Negli ultimi anni CRISPR/Cas9 è stato applicato nell’immunoterapia con lo scopo di stimolare il sistema immunitario ad agire contro i tumori. I linfociti T sono stati molto studiati e una delle maggiori applicazioni è la sostituzione ortotopica del loro recettore endogeno con uno specifico per bersagliare antigeni tumorali e generare una risposta diretta contro il tumore.
In questa tesi il sistema di CRISPR/Cas9 è stato sfruttato per fare una sostituzione ortotopica in linfociti T primari così da spegnere l’espressione del TCR endogeno e indurre quella di TCR terapeutici anti NY-ESO-1 e MAGE-A1, antigeni vastamente espressi da diversi tumori, come melanoma e tumore al polmone. Per raggiungere questo scopo, sono stati utilizzati due filamenti di DNA stampo per ognuno dei due antigeni, il primo porta con sé l’informazione per un TCR composto dall’intera catena β e parte della catena α specifiche per NY-ESO-1 o MAGE-A1, mentre il secondo include entrambe le catene αβ specifiche per questi TCR. Ogni filamento di DNA utilizzato come stampo è fiancheggiato da delle sequenze di omologia con il genoma per favorire l’inserzione del frammento nel locus di interesse.

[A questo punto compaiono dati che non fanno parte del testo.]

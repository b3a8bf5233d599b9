-- ===== src/Math/U256/Divide/Normalise.antt =====
-- The shift that gives the divisor its high bit, and what it does to the quotient and the remainder.
use elysium_dex.Base.{
  ℕ, zero, suc, ◌+◌, ◌-◌, ◌*◌, ◌/◌, ◌%◌, ◌^◌, ◌≤◌, ◌<◌, ◌≡◌, refl, subst, sym, ap, ◌∙◌, arith, ltb,
  leb, ltb→lt, by_branch, if◌then◌else◌,
}
use elysium_dex.Base.Words.{u64_mod}
use elysium_dex.Math.U256.{U256Muldiv, word_shifts_left, shift_left, bit_shift_left}
use elysium_dex.Math.U256.Value.{value, AreWords, u256_mod}
use elysium_dex.Math.U256.Shift.{powers_of_word, power_positive, bit_shift_left-value}
use elysium_dex.Math.U256.Divide.{leading_zeros}
use native.Mathlib.Nat.{
  mul-add, mul_assoc, mul_comm, add-mul, suc-mul, pow-suc, pow-le-pow_right, mul-le-mul_left,
  mul-le-mul_right, lt_of_mul-lt-mul_right, mul-add-div_right, div-eq_of_lt, div-add-mod, mod-lt,
  mul-lt-mul_of_pos_right,
}

-- A word moved up until its highest bit is set.
abbrev IsMoved : (w x s : ℕ) → Type 0
IsMoved w x s = (x * 2 ^ s < 2 ^ w) × (0 < x → (2 ^ w ≤ 2 * (x * 2 ^ s)) × (s < w))

pub leading_zeros-IsMoved : (w x : ℕ) → x < 2 ^ w → IsMoved w x (leading_zeros w x)
unfolding leading_zeros
leading_zeros-IsMoved zero x h = (omega arith, λ p. absurd (omega arith))
leading_zeros-IsMoved (suc w) x h =
    by_branch (IsMoved (suc w) x) (ltb x (2 ^ w))
      (λ below.
        let (a, b) = leading_zeros-IsMoved w x (ltb→lt _ _ below) in
        let s = leading_zeros w x in
        let double : x * 2 ^ suc s ≡ x * 2 ^ s * 2 =
          ap (λ y. x * y) (pow-suc 2 s) ∙ sym (mul_assoc x (2 ^ s) 2) in
        let power = pow-suc 2 w in
        (
          omega (arith, double, power),
          λ p. let (c, d) = b p in (omega (arith, double, power), omega arith),
        ))
      λ above.
        let power = pow-suc 2 w in
        let large : 2 ^ w ≤ x = grind arith in
        (omega arith, λ p. (omega (arith, power), omega arith))

equal_quotient : (m q r q' r' : ℕ) → r < m → r' < m → q * m + r ≡ q' * m + r' → (q ≡ q') × (r ≡ r')
equal_quotient m q r q' r' h h' e =
    let positive : 0 < m = omega arith in
    let left : (q * m + r) / m ≡ q =
      mul-add-div_right positive q r ∙ omega (arith, div-eq_of_lt h) in
    let right : (q' * m + r') / m ≡ q' =
      mul-add-div_right positive q' r' ∙ omega (arith, div-eq_of_lt h') in
    let same : q ≡ q' = sym left ∙ ap (λ y. y / m) e ∙ right in
    (same, omega (arith, e, ap (λ y. y * m) same))

-- Scaling both numbers keeps the quotient and scales the remainder.
pub unscaled :
    (u v p q r : ℕ)
    → 0 < v
    → 0 < p
    → u * p ≡ q * (v * p) + r
    → r < v * p
    → (q ≡ u / v) × (r / p ≡ u % v)
unscaled u v p q r hv hp e h =
    let divided : u / v * v + u % v ≡ u = omega (arith, div-add-mod u v, mul_comm v (u / v)) in
    let scaled : u * p ≡ u / v * (v * p) + u % v * p =
      ap (λ y. y * p) (sym divided)
      ∙ add-mul (u / v * v) (u % v) p
      ∙ ap (λ y. y + u % v * p) (mul_assoc (u / v) v p) in
    let small : u % v * p < v * p = mul-lt-mul_of_pos_right (mod-lt u hv) hp in
    let (same, rest) = equal_quotient (v * p) q r (u / v) (u % v * p) h small (sym e ∙ scaled) in
    let back : u % v * p / p ≡ u % v =
      ap (λ y. y / p) (omega arith)
      ∙ mul-add-div_right hp (u % v) 0
      ∙ omega (arith, div-eq_of_lt hp) in
    (same, ap (λ y. y / p) rest ∙ back)

shift_left-bits : (u : U256Muldiv) (s : ℕ) → s < 64 → shift_left u s ≡ bit_shift_left u s
unfolding shift_left word_shifts_left
shift_left-bits u s h =
    by_branch (λ w. w ≡ bit_shift_left u s) (leb 256 s) (λ large. absurd (grind arith))
      λ small. ap (λ z. bit_shift_left z.0 z.1) (no_words u s h)
  where
    no_words : (u : U256Muldiv) (s : ℕ) → s < 64 → word_shifts_left 4 u s ≡ (u, s)
    no_words u s h =
        by_branch (λ w. w ≡ (u, s)) (leb 64 s) (λ large. absurd (grind arith)) λ small. refl

-- The words of a shifted number, and the bits that have left them.
pub shifted-value :
    (u : U256Muldiv) (s : ℕ)
    → AreWords u
    → s < 64
    → AreWords (shift_left u s)
      × (value (shift_left u s) + u256_mod * (u.item_3 / 2 ^ (64 - s)) ≡ value u * 2 ^ s)
shifted-value u s words h =
    subst (λ w. AreWords w × (value w + u256_mod * (u.item_3 / 2 ^ (64 - s)) ≡ value u * 2 ^ s))
      (sym (shift_left-bits u s h)) (bit_shift_left-value u s words h)

-- The bits that leave a word that is moved by less than its leading zeros: none.
pub carry_space-value :
    (top s : ℕ)
    → top < u64_mod
    → s < 64
    → (if ltb (leading_zeros 64 top) s then top / 2 ^ (64 - s) else 0) ≡ top / 2 ^ (64 - s)
carry_space-value top s h hs =
    by_branch (λ c. c ≡ top / 2 ^ (64 - s)) (ltb (leading_zeros 64 top) s) (λ below. refl)
      λ above.
        let (moved, rest) = leading_zeros-IsMoved 64 top h in
        let le : s ≤ leading_zeros 64 top = grind arith in
        let power = pow-le-pow_right {n = 2} (omega arith) le in
        let product : top * 2 ^ s < 2 ^ (64 - s) * 2 ^ s = omega (
          arith,
          mul-le-mul_left top power,
          moved,
          powers_of_word s (omega arith),
          mul_comm (2 ^ s) (2 ^ (64 - s)),
        ) in
        sym (div-eq_of_lt (lt_of_mul-lt-mul_right (2 ^ s) product))

-- A number whose top word is moved to its highest bit. `l` is the weight of the top word.
pub moved_top :
    (l low top s : ℕ)
    → low < l
    → top < u64_mod
    → s < 64
    → top * 2 ^ s < u64_mod
    → u64_mod ≤ 2 * (top * 2 ^ s)
    → ((low + l * top) * 2 ^ s < l * u64_mod) × (l * 2 ^ 63 ≤ (low + l * top) * 2 ^ s)
moved_top l low top s hl ht hs moved high =
    let p = 2 ^ s in
    let whole = powers_of_word s (omega arith) in
    let below : top < 2 ^ (64 - s) =
      lt_of_mul-lt-mul_right p (omega (arith, moved, whole, mul_comm p (2 ^ (64 - s)))) in
    let room : top * p + p ≤ u64_mod =
      omega (arith, mul-le-mul_right p below, suc-mul top p, whole, mul_comm p (2 ^ (64 - s))) in
    let split : (low + l * top) * p ≡ low * p + l * (top * p) =
      add-mul low (l * top) p ∙ ap (λ y. low * p + y) (mul_assoc l top p) in
    let low_part : low * p < l * p = mul-lt-mul_of_pos_right hl (power_positive s) in
    let scaled : l * (top * p + p) ≤ l * u64_mod = mul-le-mul_left l room in
    let spread = mul-add l (top * p) p in
    let scaled_high : l * 2 ^ 63 ≤ l * (top * p) = mul-le-mul_left l (omega (arith, high)) in
    (omega (arith, split, low_part, scaled, spread), omega (arith, split, scaled_high))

Per spegnere l’espressione del recettore endogeno, e indurne la sostituzione con uno specifico anti NY-ESO-1 o MAGE-A1, è stata utilizzata una ribonucleoproteina (RNP), derivata dallo Streptococcus pyogenes (SpCas9), specifica per il locus genomico della catena α (TRAC), accoppiata con un filamento stampo per la ricombinazione omologa. Per ridurre la possibilità di mal appaiamento tra le catene del TCR transgeniche con quelle endogene, è stata utilizzata una SpCas9 RNP specifica per bersagliare l’esone 1 di TRBC1 e TRBC2. È stata ottenuta una modificazione del locus TRAC maggiore del 90%, e vicina al 50% per entrambi TRBC1 e TRBC2. L’inserzione specifica del filamento di DNA usato come stampo, è stata valutata tramite una PCR in grado di amplificare la giunzione tra il genoma e il filamento donatore. Inoltre, tramite PCR e successivamente tramite sequenziamento, sono stati valutati i possibili traslocazioni tra i siti TRAC e TRBC che possono avvenire durante queste azioni di modificazione.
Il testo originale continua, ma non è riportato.